— Items from a data source —
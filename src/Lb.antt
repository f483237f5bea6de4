-- ===== src/Lb.antt =====
-- pkg/lbcontroller/lbcontroller.go: the in-memory count of nodes for each NFS server address.
-- A count is a Go `int`: a 64-bit word in two's complement. The mutex makes each operation one
-- step. The children hold the proofs.
pub mod Selection
pub mod Census
pub mod Branches
pub mod Counted
pub mod Counts
pub mod Issued
pub mod Interleaving
pub mod Resync
pub mod Outcomes
pub mod Balance
pub mod Repeats
pub mod Origin
pub mod Withdrawal
pub mod Removal
pub mod Departures
pub mod Progress
pub mod Restart
pub mod Share
pub mod Growth
use google_cloud_platform_nf.Prelude.{
  ℕ, ◌+◌, ◌-◌, ◌%◌, ◌^◌, ◌≡◌, Bool, true, false, List, [], ◌∷◌, Option, none, some, ltb,
  if◌then◌else◌,
}
use google_cloud_platform_nf.Text.{Bytes}
use google_cloud_platform_nf.Maps.{Map, lookup, insert, remove, keys}
use google_cloud_platform_nf.Cluster.{
  Node, node_annotation, assigned_ip, ApiError, missing, unavailable, Reply, found, refused,
  NodeApi,
}

-- `ipMap[ip]++` and `ipMap[ip]--` on a 64-bit `int`, and its signed order.
unfoldable pub increment : ℕ → ℕ
increment n = (n + 1) % 2 ^ 64

unfoldable pub decrement : ℕ → ℕ
decrement n = (n + (2 ^ 64 - 1)) % 2 ^ 64

-- The word moved by 2 ^ 63, which turns the signed order into the order of ℕ.
unfoldable pub biased : ℕ → ℕ
biased n = (n + 2 ^ 63) % 2 ^ 64

abbrev pub IpMap : Type 0
IpMap = Map ℕ

-- `ipMap[ip]`, 0 on a missing key.
unfoldable pub load : IpMap → Bytes → ℕ
load m ip = elim (lookup ip m) [ none ↦ 0 | some n ↦ n ]

abbrev pub has_ip : IpMap → Bytes → Bool
has_ip m ip = elim (lookup ip m) [ none ↦ false | some n ↦ true ]

-- The field `ipMap` of `LBController`; the client and the lister are a `NodeApi`.
pub record LbController : Type 0 where
  pub ip_map : IpMap

-- `sort.Slice`: insertion sort, which Go runs on at most 12 elements. With more, which of the
-- least loaded addresses comes first may differ; the order of the map is arbitrary as it is.
unfoldable pub insert_sorted : IpMap → Bytes → List Bytes → List Bytes
insert_sorted m ip [] = ip ∷ []
insert_sorted m ip (j ∷ js) =
    if ltb (biased (load m j)) (biased (load m ip)) then j ∷ insert_sorted m ip js else ip ∷ j ∷ js

unfoldable pub sort_ips : IpMap → List Bytes → List Bytes
unfolding insert_sorted
sort_ips m [] = []
sort_ips m (ip ∷ ips) = insert_sorted m ip (sort_ips m ips)

-- `for _, ip := range ipList { ipMap[ip] = 0 }`.
unfoldable pub zero_ips : List Bytes → IpMap → IpMap
zero_ips [] m = m
zero_ips (ip ∷ ips) m = zero_ips ips (insert ip 0 m)

unfoldable pub count_node : Option Bytes → IpMap → IpMap
count_node none m = m
count_node (some ip) m = if has_ip m ip then insert ip (increment (load m ip)) m else m

unfoldable pub count_nodes : List Node → IpMap → IpMap
unfolding count_node
count_nodes [] m = m
count_nodes (n ∷ ns) m = count_nodes ns (count_node (assigned_ip n) m)

-- The annotations of the copy that `AssignIPToNode` writes; a nil map is made first.
unfoldable pub annotate : Node → Bytes → Node
annotate n ip = record n {
  annotations = some (insert node_annotation ip (elim n.annotations [ none ↦ [] | some m ↦ m ]));
}

unfoldable pub unannotate : Node → Node
unannotate n = record n {
  annotations = elim n.annotations [ none ↦ none | some m ↦ some (remove node_annotation m) ];
}

-- How `AssignIPToNode` ends. `crashed` is the panic of `ips[0]` on no address.
pub data Assignment : Type 0 where
  assigned : Bytes → Assignment
  not_assigned : ApiError → Assignment
  crashed : Assignment

-- `ips[0]` of the sorted addresses.
unfoldable pub first_ip : List Bytes → Option Bytes
first_ip [] = none
first_ip (ip ∷ ips) = some ip

-- The parameter `visit` is the order in which `range c.ipMap` gives the keys.
unfoldable pub select_ip : (List Bytes → List Bytes) → IpMap → Option Bytes
unfolding sort_ips first_ip
select_ip visit m = first_ip (sort_ips m (visit (keys m)))

module _ (api : NodeApi) (visit : List Bytes → List Bytes) where
  -- From the copy of the node to the increment.
  unfoldable pub write_ip :
      api.State → LbController → Node → Option Bytes → api.State × LbController × Assignment
  write_ip s c node none = (s, c, crashed)
  write_ip s c node (some ip) =
      let (s', e) = api.update s (annotate node ip) in
      elim e [
        | some err ↦ (s', c, not_assigned err)
        | none ↦ (
          s',
          record c { ip_map = insert ip (increment (load c.ip_map ip)) c.ip_map },
          assigned ip,
        )
      ]

  unfoldable pub assign_to :
      api.State → LbController → Node → Option Bytes → api.State × LbController × Assignment
  unfolding write_ip
  assign_to s c node none = write_ip s c node (select_ip visit c.ip_map)
  assign_to s c node (some ip) =
      if has_ip c.ip_map ip
      then (s, c, assigned ip)
      else write_ip s c node (select_ip visit c.ip_map)

  -- `AssignIPToNode`. The volume id is only logged.
  unfoldable pub assign_ip_to_node :
      api.State → LbController → Bytes → api.State × LbController × Assignment
  unfolding assign_to
  assign_ip_to_node s c node_name = elim (api.get s node_name) [
    | refused e ↦ (s, c, not_assigned e)
    | found node ↦ assign_to s c node (assigned_ip node)
  ]

module _ (api : NodeApi) where
  -- `resyncIPMap`. The list of nodes is read before the mutex is taken.
  unfoldable pub resync_ip_map : api.State → List Bytes → Reply IpMap
  resync_ip_map s ip_list = elim (api.list s) [
    | refused e ↦ refused e
    | found nodes ↦ found (count_nodes nodes (zero_ips ip_list []))
  ]

  -- From the copy of the node to the decrement.
  unfoldable pub write_removal :
      api.State → LbController → Node → Bytes → api.State × LbController × Option ApiError
  write_removal s c node ip =
      let (s', e) = api.update s (unannotate node) in
      elim e [
        | some err ↦ (s', c, some err)
        | none ↦ (s', record c { ip_map = insert ip (decrement (load c.ip_map ip)) c.ip_map }, none)
      ]

  unfoldable pub remove_from :
      api.State → LbController → Node → Option Bytes → api.State × LbController × Option ApiError
  unfolding write_removal
  remove_from s c node none = (s, c, none)
  remove_from s c node (some ip) =
      if has_ip c.ip_map ip then write_removal s c node ip else (s, c, none)

  -- `RemoveIPFromNode`.
  unfoldable pub remove_ip_from_node :
      api.State → LbController → Bytes → api.State × LbController × Option ApiError
  unfolding remove_from
  remove_ip_from_node s c node_name = elim (api.get s node_name) [
    | refused missing ↦ (s, c, none)
    | refused unavailable ↦ (s, c, some unavailable)
    | found node ↦ remove_from s c node (assigned_ip node)
  ]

— What you have to do —
From the data, pick out every line that includes "NodeApi".

— Output of the task —
  NodeApi,
-- The field `ipMap` of `LBController`; the client and the lister are a `NodeApi`.
module _ (api : NodeApi) (visit : List Bytes → List Bytes) where
module _ (api : NodeApi) where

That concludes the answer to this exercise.